The Campton Hills Plan Commission Monday will resume consideration of the Kiva Recovery Center, a private substance abuse facility proposed for a former boys school.

The meeting will be held at 6:30 p.m. at the Congregational United Church of Christ, 40W451 Fox Mill Blvd., and a report on water/sewer infrastructure and fire protection needs are expected to be presented to the commission, which makes recommendations to the village board.

Residents have spoken out in past hearings in opposition to the plan to convert the former Glenwood School for Boys, 41W400 Silver Glen Road, into a 96-bed, inpatient treatment facility.

Some residents have said the facility would pose a safety risk, strain police and fire resources, be bad for the village’s image and hurt property values.

A group has set up a website, stopkivarehab.com, in an effort to rally residents to pressure village trustees, who have the final say.

“We are a village now.
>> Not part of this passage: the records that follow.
-- ===== src/Packet/Header/FirstByte.antt =====
-- The first byte of a long header, written and read (src/aioquic/quic/packet.py).
use aioquic.Base.{ℕ, ◌+◌, ◌*◌, ◌/◌, ◌%◌, ◌<◌, ◌≡◌, refl, arith, true, ◌==◌, inl, inr, Bool-cases}
use mathlib.Core.Path.{subst}
use aioquic.Base.Exception.{Result, ok}
use aioquic.Buffer.Moves.{bind-inv}
use aioquic.Packet.Header.{
  QuicPacketType, initial, zero_rtt, handshake, retry, version_negotiation, one_rtt, version_2,
  encode_version_1, encode_version_2, decode_version_1, decode_version_2, is_long_header,
  has_fixed_bit, long_type, encode_long_header_first_byte,
}

abbrev Coded : (ℕ → Result QuicPacketType) → QuicPacketType → ℕ → Type 0
Coded decode p n = (n < 4) × (decode n ≡ ok p)

coded :
    (decode : ℕ → Result QuicPacketType) (p : QuicPacketType) (m n : ℕ)
    → Coded decode p m
    → ok m ≡ ok n
    → Coded decode p n
coded decode p m n c h = let same : m ≡ n = ground (arith, h) in subst (Coded decode p) same c

decode-encode_1 :
    (p : QuicPacketType) (n : ℕ) → encode_version_1 p ≡ ok n → Coded decode_version_1 p n
decode-encode_1 initial n h = coded decode_version_1 initial 0 n (omega arith, refl) h
decode-encode_1 zero_rtt n h = coded decode_version_1 zero_rtt 1 n (omega arith, refl) h
decode-encode_1 handshake n h = coded decode_version_1 handshake 2 n (omega arith, refl) h
decode-encode_1 retry n h = coded decode_version_1 retry 3 n (omega arith, refl) h
decode-encode_1 version_negotiation n h = absurd (ground (arith, h))
decode-encode_1 one_rtt n h = absurd (ground (arith, h))

decode-encode_2 :
    (p : QuicPacketType) (n : ℕ) → encode_version_2 p ≡ ok n → Coded decode_version_2 p n
decode-encode_2 initial n h = coded decode_version_2 initial 1 n (omega arith, refl) h
decode-encode_2 zero_rtt n h = coded decode_version_2 zero_rtt 2 n (omega arith, refl) h
decode-encode_2 handshake n h = coded decode_version_2 handshake 3 n (omega arith, refl) h
decode-encode_2 retry n h = coded decode_version_2 retry 0 n (omega arith, refl) h
decode-encode_2 version_negotiation n h = absurd (ground (arith, h))
decode-encode_2 one_rtt n h = absurd (ground (arith, h))

parts :
    (n bits byte : ℕ)
    → n < 4
    → bits < 16
    → ok (0x80 + 0x40 + n * 16 + bits) ≡ ok byte
    → (byte < 256)
      × (is_long_header byte ≡ true)
      × (has_fixed_bit byte ≡ true)
      × (byte % 16 ≡ bits)
      × (byte / 16 % 4 ≡ n)
parts n bits byte a b h =
    let value : 0x80 + 0x40 + n * 16 + bits ≡ byte = ground (arith, h) in
    (omega arith, ground arith, ground arith, omega arith, omega arith)

-- The first byte that is encoded for a long header is a byte, is read as that of a long header
-- with its fixed bit set, and tells the packet type and the four low bits, in both versions.
pub long_header_first_byte_lem :
    (version : ℕ) (packet_type : QuicPacketType) (bits first_byte : ℕ)
    → bits < 16
    → encode_long_header_first_byte version packet_type bits ≡ ok first_byte
    → (first_byte < 256)
      × (is_long_header first_byte ≡ true)
      × (has_fixed_bit first_byte ≡ true)
      × (first_byte % 16 ≡ bits)
      × (long_type version first_byte ≡ ok packet_type)
unfolding encode_long_header_first_byte long_type
long_header_first_byte_lem version p bits byte h e = elim (Bool-cases (version == version_2)) [
  | inl v ↦
      let (n, e1, h1) = bind-inv (encode_version_2 p) _ byte (rw v at e) in
      let (small, back) = decode-encode_2 p n e1 in
      let (a, b, c, d, code) = parts n bits byte small h h1 in (a, b, c, d, rw (v, code) back)
  | inr v ↦
      let (n, e1, h1) = bind-inv (encode_version_1 p) _ byte (rw v at e) in
      let (small, back) = decode-encode_1 p n e1 in
      let (a, b, c, d, code) = parts n bits byte small h h1 in (a, b, c, d, rw (v, code) back)
]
We can stop this type of outside, negative influence from coming to the community we live in and love,” the website states.

Repeated emails to the site and phone messages to organizers were not returned this week.

The average stay for someone recovering from alcohol or drug addiction would be 30 to 60 days and the cost for a 30-day stay at the 120-acre campus would be $30,000, according to a FAQ section on the village of Campton Hills website.

During public meetings in August and September, Kiva officials have portrayed the center as a voluntary, high-end treatment facility for professionals recovering from addictions to alcohol and drugs.

Patrick Griffin, an attorney representing the team proposing the Kiva Center, acknowledged this week that the facility is for substance abuse, so it could house recovering heroin and methamphetamine addicts.

But he noted that all clients taken to Kiva will have already gone through detox somewhere else.

“By the time people come to the facility, they’re medically stable. They’re not going to be going through withdrawal symptoms. What the facility will address is the addict. It’s a complete program,” Griffin said. “The high-end part of this facility is not that the addicts are more deserving. It’s the nature of the treatment.”

Griffin also said the management team has offered to pay a la carte fees for additional fire and ambulance service if demand is high or exceeds projections.

Opponents of the plan say the facility would be treating nearly 1,200 people a year.

Griffin said that if Kiva is approved, the owners hope to treat about 240 people the first year, assuming 30 full beds and 45-day stays.

By the fourth year, they hope to be operating at about 80 percent capacity, which would equate to about 600 people a year.

“When they begin, they’re going to have a smaller number (of patients) and they’re going to increase that number presumably because they have a good project,” Griffin said.